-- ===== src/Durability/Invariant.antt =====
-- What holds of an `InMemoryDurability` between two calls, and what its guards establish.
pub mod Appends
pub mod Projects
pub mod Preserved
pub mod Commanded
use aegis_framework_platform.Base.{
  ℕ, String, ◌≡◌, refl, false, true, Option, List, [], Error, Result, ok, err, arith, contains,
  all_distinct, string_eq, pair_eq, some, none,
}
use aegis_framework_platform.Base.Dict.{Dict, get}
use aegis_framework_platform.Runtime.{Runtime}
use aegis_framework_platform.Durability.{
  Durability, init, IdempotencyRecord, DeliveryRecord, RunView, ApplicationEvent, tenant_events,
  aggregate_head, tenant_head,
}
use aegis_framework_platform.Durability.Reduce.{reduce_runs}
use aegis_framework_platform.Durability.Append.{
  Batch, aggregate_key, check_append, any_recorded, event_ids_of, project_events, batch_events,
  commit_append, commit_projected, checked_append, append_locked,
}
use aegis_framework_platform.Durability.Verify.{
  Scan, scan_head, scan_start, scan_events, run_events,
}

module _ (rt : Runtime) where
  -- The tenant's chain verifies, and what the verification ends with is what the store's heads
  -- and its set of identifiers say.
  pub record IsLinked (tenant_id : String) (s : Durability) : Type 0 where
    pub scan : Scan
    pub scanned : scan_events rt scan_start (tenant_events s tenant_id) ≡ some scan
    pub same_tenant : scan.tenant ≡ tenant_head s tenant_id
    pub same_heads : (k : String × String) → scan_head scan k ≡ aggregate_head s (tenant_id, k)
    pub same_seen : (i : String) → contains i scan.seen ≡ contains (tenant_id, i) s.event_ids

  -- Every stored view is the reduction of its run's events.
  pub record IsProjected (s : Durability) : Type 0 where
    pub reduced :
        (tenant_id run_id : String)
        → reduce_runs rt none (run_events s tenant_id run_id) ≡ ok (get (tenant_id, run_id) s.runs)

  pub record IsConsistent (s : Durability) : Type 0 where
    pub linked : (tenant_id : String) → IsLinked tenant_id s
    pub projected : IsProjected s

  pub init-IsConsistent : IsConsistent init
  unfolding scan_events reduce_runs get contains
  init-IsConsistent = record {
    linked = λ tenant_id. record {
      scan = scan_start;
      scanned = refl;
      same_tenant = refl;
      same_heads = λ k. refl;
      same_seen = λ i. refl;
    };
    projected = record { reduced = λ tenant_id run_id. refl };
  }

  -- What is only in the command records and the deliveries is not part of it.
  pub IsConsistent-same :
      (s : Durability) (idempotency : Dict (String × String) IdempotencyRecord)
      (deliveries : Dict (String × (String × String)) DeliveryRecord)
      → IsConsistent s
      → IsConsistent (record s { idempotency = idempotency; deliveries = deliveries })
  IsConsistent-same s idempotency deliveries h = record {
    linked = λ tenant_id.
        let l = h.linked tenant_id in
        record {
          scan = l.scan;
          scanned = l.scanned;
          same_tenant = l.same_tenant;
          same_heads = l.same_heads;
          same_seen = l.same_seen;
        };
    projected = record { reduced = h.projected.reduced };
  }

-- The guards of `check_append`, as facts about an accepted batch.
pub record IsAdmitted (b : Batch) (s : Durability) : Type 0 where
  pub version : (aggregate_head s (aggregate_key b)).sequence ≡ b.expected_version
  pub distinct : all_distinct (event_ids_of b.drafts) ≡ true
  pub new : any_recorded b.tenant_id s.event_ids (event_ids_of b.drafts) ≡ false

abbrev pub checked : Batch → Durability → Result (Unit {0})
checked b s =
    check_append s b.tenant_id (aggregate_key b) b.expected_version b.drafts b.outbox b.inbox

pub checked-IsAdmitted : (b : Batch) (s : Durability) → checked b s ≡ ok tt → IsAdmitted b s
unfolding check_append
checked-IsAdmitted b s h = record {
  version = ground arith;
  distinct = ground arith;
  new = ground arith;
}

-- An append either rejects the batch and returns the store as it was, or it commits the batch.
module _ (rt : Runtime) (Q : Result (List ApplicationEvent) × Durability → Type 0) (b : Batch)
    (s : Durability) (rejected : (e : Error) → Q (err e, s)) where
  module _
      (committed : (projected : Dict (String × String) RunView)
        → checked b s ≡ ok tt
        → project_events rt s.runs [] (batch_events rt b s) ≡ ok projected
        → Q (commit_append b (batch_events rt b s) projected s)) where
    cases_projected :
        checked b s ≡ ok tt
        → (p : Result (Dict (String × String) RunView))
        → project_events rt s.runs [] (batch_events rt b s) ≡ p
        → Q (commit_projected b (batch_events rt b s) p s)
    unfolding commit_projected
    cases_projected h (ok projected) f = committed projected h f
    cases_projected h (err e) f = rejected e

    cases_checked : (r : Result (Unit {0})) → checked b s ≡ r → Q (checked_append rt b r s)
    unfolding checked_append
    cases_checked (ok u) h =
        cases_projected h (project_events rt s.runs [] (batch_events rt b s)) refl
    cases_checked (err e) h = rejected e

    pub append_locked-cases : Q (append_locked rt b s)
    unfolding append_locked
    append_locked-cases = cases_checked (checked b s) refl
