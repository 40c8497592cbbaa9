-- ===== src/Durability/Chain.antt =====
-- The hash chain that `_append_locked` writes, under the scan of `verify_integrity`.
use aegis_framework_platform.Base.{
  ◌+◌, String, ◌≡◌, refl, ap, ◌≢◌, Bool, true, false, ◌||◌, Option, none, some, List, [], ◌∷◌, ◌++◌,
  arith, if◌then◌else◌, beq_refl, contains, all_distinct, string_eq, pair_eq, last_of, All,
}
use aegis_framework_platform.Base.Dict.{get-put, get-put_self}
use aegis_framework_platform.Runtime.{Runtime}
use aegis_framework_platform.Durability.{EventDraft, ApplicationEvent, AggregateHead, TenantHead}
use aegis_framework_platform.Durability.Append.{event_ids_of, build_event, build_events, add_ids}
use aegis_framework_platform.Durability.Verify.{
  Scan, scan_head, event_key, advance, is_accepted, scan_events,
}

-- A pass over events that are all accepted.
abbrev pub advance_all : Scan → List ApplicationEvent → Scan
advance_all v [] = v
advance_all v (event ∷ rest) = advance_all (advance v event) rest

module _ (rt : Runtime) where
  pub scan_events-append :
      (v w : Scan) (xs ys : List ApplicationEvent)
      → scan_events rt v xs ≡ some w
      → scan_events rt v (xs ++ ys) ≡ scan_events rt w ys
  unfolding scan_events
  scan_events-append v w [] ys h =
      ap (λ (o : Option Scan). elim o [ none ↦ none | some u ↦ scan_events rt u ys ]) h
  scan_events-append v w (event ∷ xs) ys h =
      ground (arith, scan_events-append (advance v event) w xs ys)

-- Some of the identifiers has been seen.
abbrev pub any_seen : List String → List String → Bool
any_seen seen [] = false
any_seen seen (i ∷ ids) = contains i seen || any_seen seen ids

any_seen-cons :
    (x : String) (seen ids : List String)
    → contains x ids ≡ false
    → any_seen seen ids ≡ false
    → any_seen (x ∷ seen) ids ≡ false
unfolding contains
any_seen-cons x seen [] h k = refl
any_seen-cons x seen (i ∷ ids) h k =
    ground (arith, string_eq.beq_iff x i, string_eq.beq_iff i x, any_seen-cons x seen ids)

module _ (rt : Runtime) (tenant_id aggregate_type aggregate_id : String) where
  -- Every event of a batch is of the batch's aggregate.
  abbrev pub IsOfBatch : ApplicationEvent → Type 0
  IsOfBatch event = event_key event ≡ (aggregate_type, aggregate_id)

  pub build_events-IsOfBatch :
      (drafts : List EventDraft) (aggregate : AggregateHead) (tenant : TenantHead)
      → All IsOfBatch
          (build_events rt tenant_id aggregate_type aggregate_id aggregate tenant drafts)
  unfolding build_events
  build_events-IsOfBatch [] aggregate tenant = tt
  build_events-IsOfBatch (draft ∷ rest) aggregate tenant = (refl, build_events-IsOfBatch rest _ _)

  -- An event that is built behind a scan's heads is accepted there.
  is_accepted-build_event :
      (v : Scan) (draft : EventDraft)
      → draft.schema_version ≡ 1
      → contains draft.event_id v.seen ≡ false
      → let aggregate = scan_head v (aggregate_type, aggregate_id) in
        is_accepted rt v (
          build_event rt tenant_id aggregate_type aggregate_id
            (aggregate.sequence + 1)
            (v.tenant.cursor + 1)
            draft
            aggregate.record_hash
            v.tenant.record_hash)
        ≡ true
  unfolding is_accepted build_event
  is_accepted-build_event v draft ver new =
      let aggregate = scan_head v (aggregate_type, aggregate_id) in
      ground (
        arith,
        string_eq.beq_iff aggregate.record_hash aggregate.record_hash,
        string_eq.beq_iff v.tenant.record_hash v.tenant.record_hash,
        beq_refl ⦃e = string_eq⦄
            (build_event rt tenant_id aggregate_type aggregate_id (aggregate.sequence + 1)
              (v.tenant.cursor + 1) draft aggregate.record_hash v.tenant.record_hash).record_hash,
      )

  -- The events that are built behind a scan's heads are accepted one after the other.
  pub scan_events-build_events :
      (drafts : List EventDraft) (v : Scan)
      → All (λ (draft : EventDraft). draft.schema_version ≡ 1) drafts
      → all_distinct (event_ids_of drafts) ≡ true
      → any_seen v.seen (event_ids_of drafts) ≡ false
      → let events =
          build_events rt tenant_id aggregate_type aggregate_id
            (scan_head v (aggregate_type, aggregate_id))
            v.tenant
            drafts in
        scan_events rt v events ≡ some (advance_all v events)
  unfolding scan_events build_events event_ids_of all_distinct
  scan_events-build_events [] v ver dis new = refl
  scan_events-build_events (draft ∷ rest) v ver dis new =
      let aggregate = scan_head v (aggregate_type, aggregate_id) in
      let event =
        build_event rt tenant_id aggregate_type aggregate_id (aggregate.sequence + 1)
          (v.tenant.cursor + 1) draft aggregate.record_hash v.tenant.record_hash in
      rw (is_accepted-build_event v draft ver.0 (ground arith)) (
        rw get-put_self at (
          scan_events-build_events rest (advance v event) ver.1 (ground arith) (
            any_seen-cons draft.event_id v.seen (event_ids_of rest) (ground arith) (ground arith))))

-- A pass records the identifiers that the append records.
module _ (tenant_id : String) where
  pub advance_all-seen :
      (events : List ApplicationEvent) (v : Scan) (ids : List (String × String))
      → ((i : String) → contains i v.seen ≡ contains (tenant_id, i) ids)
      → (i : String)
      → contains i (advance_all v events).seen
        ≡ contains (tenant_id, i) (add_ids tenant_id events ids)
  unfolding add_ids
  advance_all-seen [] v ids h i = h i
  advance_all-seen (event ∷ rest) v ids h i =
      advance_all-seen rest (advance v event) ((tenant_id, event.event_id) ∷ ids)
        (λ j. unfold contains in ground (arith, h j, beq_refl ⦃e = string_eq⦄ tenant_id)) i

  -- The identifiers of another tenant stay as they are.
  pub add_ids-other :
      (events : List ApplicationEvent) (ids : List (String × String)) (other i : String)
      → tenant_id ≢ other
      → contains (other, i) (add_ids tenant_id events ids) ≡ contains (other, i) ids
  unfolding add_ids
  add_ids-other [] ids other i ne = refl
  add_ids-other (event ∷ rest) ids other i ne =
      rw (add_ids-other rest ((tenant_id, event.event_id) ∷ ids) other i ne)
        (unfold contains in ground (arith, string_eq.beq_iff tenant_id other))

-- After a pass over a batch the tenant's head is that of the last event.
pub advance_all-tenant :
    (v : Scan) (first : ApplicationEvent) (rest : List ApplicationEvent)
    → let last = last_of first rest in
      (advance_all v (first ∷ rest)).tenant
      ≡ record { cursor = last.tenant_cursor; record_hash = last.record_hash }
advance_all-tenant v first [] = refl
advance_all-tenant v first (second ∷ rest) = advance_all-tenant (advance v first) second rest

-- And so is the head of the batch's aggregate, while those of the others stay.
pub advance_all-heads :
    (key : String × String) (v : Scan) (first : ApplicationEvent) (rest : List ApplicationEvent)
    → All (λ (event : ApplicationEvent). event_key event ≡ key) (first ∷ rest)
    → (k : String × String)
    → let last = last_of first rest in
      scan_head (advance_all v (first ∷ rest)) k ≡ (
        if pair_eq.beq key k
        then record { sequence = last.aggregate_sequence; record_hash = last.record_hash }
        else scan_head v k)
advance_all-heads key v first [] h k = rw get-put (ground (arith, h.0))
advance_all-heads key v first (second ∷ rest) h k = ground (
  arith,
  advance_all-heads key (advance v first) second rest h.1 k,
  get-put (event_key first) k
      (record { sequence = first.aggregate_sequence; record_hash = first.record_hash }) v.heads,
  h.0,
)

-=-=-=-=-

What is being asked
Whenever a line of the listing above holds the word "ApplicationEvent", copy that line.

Response box
  Durability, init, IdempotencyRecord, DeliveryRecord, RunView, ApplicationEvent, tenant_events,
module _ (rt : Runtime) (Q : Result (List ApplicationEvent) × Durability → Type 0) (b : Batch)
use aegis_framework_platform.Durability.{EventDraft, ApplicationEvent, AggregateHead, TenantHead}
abbrev pub advance_all : Scan → List ApplicationEvent → Scan
      (v w : Scan) (xs ys : List ApplicationEvent)
  abbrev pub IsOfBatch : ApplicationEvent → Type 0
      (events : List ApplicationEvent) (v : Scan) (ids : List (String × String))
      (events : List ApplicationEvent) (ids : List (String × String)) (other i : String)
    (v : Scan) (first : ApplicationEvent) (rest : List ApplicationEvent)
    (key : String × String) (v : Scan) (first : ApplicationEvent) (rest : List ApplicationEvent)
    → All (λ (event : ApplicationEvent). event_key event ≡ key) (first ∷ rest)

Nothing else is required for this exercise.